> _Task details_:
Print, exactly as they appear in the listing below, the lines from the line with "intf_desc = record" to the line with "view none = none", with both end lines kept.

BEGIN Data records

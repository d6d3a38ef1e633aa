-- ===== src/Manifest/Tests.antt =====
-- A manifest with one interface, two strings, a bundle and a CPort, and the theorems at it.
use motorola_external_greybu.Prelude.{
  ℕ, ◌≡◌, refl, Bool, true, false, Option, none, some, List, [], ◌∷◌, arith, get_or, ◌==◌,
  if◌then◌else◌,
}
use motorola_external_greybu.Connection.Tests.{ida, always, host}
use motorola_external_greybu.Connection.{create_dynamic, create_at, create_in, intf_find}
use motorola_external_greybu.Manifest.Defs.{
  Desc, Bundle, Intf, scan, done, identify, expected_size, release, release_ids, next_bundle,
}
use motorola_external_greybu.Manifest.Steps.{
  string_get, find_string, bytes, find_bundle, create_bundle, keep_desc, cports_loop, cports_end,
  parse_cports, bundle_round, bundles_loop, parse_bundles,
}
use motorola_external_greybu.Manifest.Main.{
  to_string, is_err, count_interfaces, first_interface, parse_interface, finish, parse_descs, parse,
}
use motorola_external_greybu.Manifest.Identify.{Scanned, scan-Scanned}
use motorola_external_greybu.Manifest.Parse.{Outcome, parse-Outcome}
use motorola_external_greybu.Manifest.Strings.{same_string-refused}

abbrev manifest : List ℕ
manifest =
    44 ∷ 0 ∷ 0 ∷ 1 ∷ 8 ∷ 0 ∷ 1 ∷ 0 ∷ 1 ∷ 2 ∷ 0 ∷ 0 ∷ 8 ∷ 0 ∷ 2 ∷ 0 ∷ 2 ∷ 1 ∷ 77 ∷ 111 ∷ 8 ∷ 0 ∷ 2
    ∷ 0 ∷ 2 ∷ 2 ∷ 90 ∷ 50 ∷ 8 ∷ 0 ∷ 3 ∷ 0 ∷ 1 ∷ 10 ∷ 0 ∷ 0 ∷ 8 ∷ 0 ∷ 4 ∷ 0 ∷ 5 ∷ 0 ∷ 1 ∷ 11 ∷ []

abbrev mem : ℕ → ℕ
mem a = get_or manifest a 0

abbrev intf : Intf
intf = record {
  number = 7;
  manifest_descs = [];
  vendor_string = none;
  product_string = none;
  bundles = [];
  hd = host;
}

scanned : Option (List Desc)
unfolding scan identify expected_size
scanned = elim (scan mem always 40 intf 4 40) [ done s ↦ some s.manifest_descs | _ ↦ none ]

parse-Outcome_example : Outcome host.connections 7 (parse mem always ida intf 44)
parse-Outcome_example = parse-Outcome mem always ida intf 44 refl refl (refl, tt)

abbrev after_scan : Intf
after_scan = record intf {
  manifest_descs =
      (record { size = 8; start = 8; type = 1 })
      ∷ (record { size = 8; start = 16; type = 2 })
      ∷ (record { size = 8; start = 24; type = 2 })
      ∷ (record { size = 8; start = 32; type = 3 })
      ∷ (record { size = 8; start = 40; type = 4 })
      ∷ [];
  hd = record host { next_alloc = 5 };
}

scan_runs : scan mem always 40 intf 4 40 ≡ done after_scan
unfolding scan identify expected_size
scan_runs = refl

scan-Scanned_example : Scanned mem intf 4 44 after_scan
scan-Scanned_example = scan-Scanned mem always 40 intf 4 40 scan_runs

-- The interface of the manifest with the product's string changed to that of the vendor.
abbrev same_mem : ℕ → ℕ
same_mem a = if a == 9 then 1 else mem a

abbrev intf_desc : Desc
intf_desc = record { size = 8; start = 8; type = 1 }

abbrev vendor_desc : Desc
vendor_desc = record { size = 8; start = 16; type = 2 }

same_string-refused_example :
    (s : Intf) × (parse_interface same_mem always ida after_scan intf_desc ≡ some (s, false))
unfolding find_string release
same_string-refused_example =
    same_string-refused same_mem always ida after_scan intf_desc vendor_desc (omega arith) refl refl
      refl

abbrev view : Option (Intf × Bool) → Option (List Bundle × Option (List ℕ) × List ℕ × Bool)
view none = none
view (some (s, result)) = some (s.bundles, s.vendor_string, s.hd.cport_id_map, result)

-- The whole manifest is accepted: one bundle, and a connection to its CPort.
parse_runs :
    view (parse mem always ida intf 44)
    ≡ some ((record { id = 1; class = 10 }) ∷ [], some (77 ∷ 111 ∷ 0 ∷ []), 1 ∷ 0 ∷ [], true)
unfolding parse scan identify expected_size parse_descs count_interfaces first_interface
    parse_interface string_get find_string bytes is_err to_string release parse_bundles bundles_loop
    next_bundle bundle_round create_bundle find_bundle parse_cports cports_loop cports_end
    create_dynamic create_at create_in intf_find ida finish release_ids keep_desc
parse_runs = refl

END Data records

> _Task answer_:
intf_desc = record { size = 8; start = 8; type = 1 }

abbrev vendor_desc : Desc
vendor_desc = record { size = 8; start = 16; type = 2 }

same_string-refused_example :
    (s : Intf) × (parse_interface same_mem always ida after_scan intf_desc ≡ some (s, false))
unfolding find_string release
same_string-refused_example =
    same_string-refused same_mem always ida after_scan intf_desc vendor_desc (omega arith) refl refl
      refl

abbrev view : Option (Intf × Bool) → Option (List Bundle × Option (List ℕ) × List ℕ × Bool)
view none = none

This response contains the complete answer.